General Atomics’ Gray Eagle is one of the UAS platforms that could benefit from the new framework in development by General Dynamics and RTI. Photo: General Atomics.
 
“The Army has not officially announced any plans to redesign their Universal Ground Control Station (UGCS) currently in theater,” said John van Dyke, senior director of sensors and processing at GD-AIS. “The [Army-UAS Control Segment] A-UCS program is a customer-funded prototype effort to investigate potential architectures that will facilitate the Army vision for Open Architecture, Open Business Model paradigm to realize greater capabilities at lower cost.”
 
The Army’s UAS fleet surpassed 2 million flight hours earlier this year, and there are currently more than 7,000 UAS in operation, ranging from the five-pound Raven to the 3,600-pound Gray Eagle. That’s more than the U.S. Air Force and U.S. Navy combined, according to David Barnett, vice president of product and markets at RTI. Providing a common framework for new capabilities to be developed around would greatly lower implementation costs. 
 
Barnett said RTI was one of the earliest members of the FACE Consortium, a government-industry partnership formed in 2010 to define an open avionics environment for all military airborne platforms. The RTI vice president compares developing software and new capabilities for the ground control stations to the way smart phone applications are developed for current Android and iPhone devices. 
 
“It basically provides a standard environment on which I can build an application once and then I can write it. On any Android phone for example … I don’t have to write a specialized application for each platform,” said Barnett. “The idea of FACE is to do the same thing.

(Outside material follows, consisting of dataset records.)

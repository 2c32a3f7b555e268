-- ===== src/Tuntap/Macos.antt =====
-- platform/macos/device.rs and sys.rs: an interface of macOS. Its requests are built as those of Linux
-- are, and the `ioctl` calls are parameters in the same way.
pub mod Create
pub mod Held
pub mod Settings
use tache_rs.Prelude.{ℕ, Bool, List}
use tache_rs.Std.Exec.{Exec, Outcome, ok, err, pure, ◌>>=◌, ◌>>◌}
use tache_rs.Std.Int.{ℤ}
use tache_rs.Std.Io.{IoError}
use tache_rs.Std.Net.{Ipv4Addr}
use tache_rs.Tuntap.Error.{Error, invalid_name}
use tache_rs.Tuntap.SockAddr.{Sockaddr, from_ipv4, into_ipv4, into_sockaddr, unchecked}
use tache_rs.Tuntap.Device.{
  Device, Syscall, call, copy_name, request, get_addr, put_addr, flags_for,
}

pub record Ioctls (K : Type 0) : Type 0 where
  pub siocgifflags : ℤ → List ℕ → Syscall K ℕ
  pub siocsifflags : ℤ → List ℕ → ℕ → Syscall K Unit
  pub siocgifaddr : ℤ → List ℕ → Syscall K Sockaddr
  pub siocsifaddr : ℤ → List ℕ → Sockaddr → Syscall K Unit
  pub siocgifdstaddr : ℤ → List ℕ → Syscall K Sockaddr
  pub siocsifdstaddr : ℤ → List ℕ → Sockaddr → Syscall K Unit
  pub siocgifbrdaddr : ℤ → List ℕ → Syscall K Sockaddr
  pub siocsifbrdaddr : ℤ → List ℕ → Sockaddr → Syscall K Unit
  pub siocgifnetmask : ℤ → List ℕ → Syscall K Sockaddr
  pub siocsifnetmask : ℤ → List ℕ → Sockaddr → Syscall K Unit
  pub siocgifmtu : ℤ → List ℕ → Syscall K ℤ
  pub siocsifmtu : ℤ → List ℕ → ℤ → Syscall K Unit
  -- The address, the broadcast address and the mask of an alias.
  pub siocaifaddr : ℤ → List ℕ → Sockaddr → Sockaddr → Sockaddr → Syscall K Unit

module _ {K : Type 0} where
  -- `SockAddr::unchecked(...).map(Into::into)`: no check of the family.
  unfoldable pub get_unchecked : (ℤ → List ℕ → Syscall K Sockaddr) → Device → Exec K Error Ipv4Addr
  unfolding request unchecked
  get_unchecked ioctl dev = do
    req ← request dev
    addr ← call (ioctl dev.ctl.raw req)
    pure (into_ipv4 (unchecked addr))

  -- The name of an interface cannot be set.
  unfoldable pub set_name : Device → List ℕ → Exec K Error Unit
  set_name dev value k = (err invalid_name, k)

module _ {K : Type 0} (ioctls : Ioctls K) where
  open ioctls use {
    siocgifflags, siocsifflags, siocgifaddr, siocsifaddr, siocgifdstaddr, siocsifdstaddr,
    siocgifbrdaddr, siocsifbrdaddr, siocgifnetmask, siocsifnetmask, siocgifmtu, siocsifmtu,
    siocaifaddr,
  }

  unfoldable pub set_alias : Device → Ipv4Addr → Ipv4Addr → Ipv4Addr → Exec K Error Unit
  unfolding copy_name
  set_alias dev addr broadaddr mask = do
    req ← copy_name dev.name
    call (
        siocaifaddr dev.ctl.raw req (into_sockaddr (from_ipv4 addr))
          (into_sockaddr (from_ipv4 broadaddr)) (into_sockaddr (from_ipv4 mask)))

  unfoldable pub enabled : Device → Bool → Exec K Error Unit
  unfolding request flags_for
  enabled dev value = do
    req ← request dev
    flags ← call (siocgifflags dev.ctl.raw req)
    call (siocsifflags dev.ctl.raw req (flags_for value flags))

  unfoldable pub address : Device → Exec K Error Ipv4Addr
  unfolding get_addr
  address dev = get_addr siocgifaddr dev

  unfoldable pub set_address : Device → Ipv4Addr → Exec K Error Unit
  unfolding put_addr
  set_address dev value = put_addr siocsifaddr dev value

  unfoldable pub destination : Device → Exec K Error Ipv4Addr
  unfolding get_addr
  destination dev = get_addr siocgifdstaddr dev

  unfoldable pub set_destination : Device → Ipv4Addr → Exec K Error Unit
  unfolding put_addr
  set_destination dev value = put_addr siocsifdstaddr dev value

  unfoldable pub broadcast : Device → Exec K Error Ipv4Addr
  unfolding get_addr
  broadcast dev = get_addr siocgifbrdaddr dev

  unfoldable pub set_broadcast : Device → Ipv4Addr → Exec K Error Unit
  unfolding put_addr
  set_broadcast dev value = put_addr siocsifbrdaddr dev value

  unfoldable pub netmask : Device → Exec K Error Ipv4Addr
  unfolding get_unchecked
  netmask dev = get_unchecked siocgifnetmask dev

  unfoldable pub set_netmask : Device → Ipv4Addr → Exec K Error Unit
  unfolding put_addr
  set_netmask dev value = put_addr siocsifnetmask dev value

  unfoldable pub mtu : Device → Exec K Error ℤ
  unfolding request
  mtu dev = do req ← request dev; call (siocgifmtu dev.ctl.raw req)

  unfoldable pub set_mtu : Device → ℤ → Exec K Error Unit
  unfolding request
  set_mtu dev value = do req ← request dev; call (siocsifmtu dev.ctl.raw req value)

To provide a standard platform on which you can write applications that are independent of the underlying hardware or specific ground control station that’s being used.”
 
Traditionally, military branches would purchase a ground control station and select a systems integrator to build the software for that specific station from scratch and completely customize it for that station, Barnett said. Now, with the FACE standard, instead of building from scratch, companies such as RTI can build portable components that are independent of the hardware.
 
The Navy, for example, could have a ground control station “designed for shipboard deployment or a soldier might have a portable ground control station on something like a tablet, but they both have some common applications that have to run on them,” said Barnett. “You shouldn’t have to rewrite that application you should be able to run that same application on the tablet as on the shipboard ground control station. So that’s what FACE allows you to do by defining what that underlying platform is.”
 
RTI’s TSS is a common set of Application Programming Interfaces (APIs) and data model elements designed to provide the flexibility of rapidly and cost effectively integrating avionics capabilities in support of the Army’s dynamic mission requirements, according to van Dyke.
 

General Dynamics and RTI will make the open framework developed from this collaboration available for reuse by other organizations looking to build UAS and ground segments in line with FACE standards.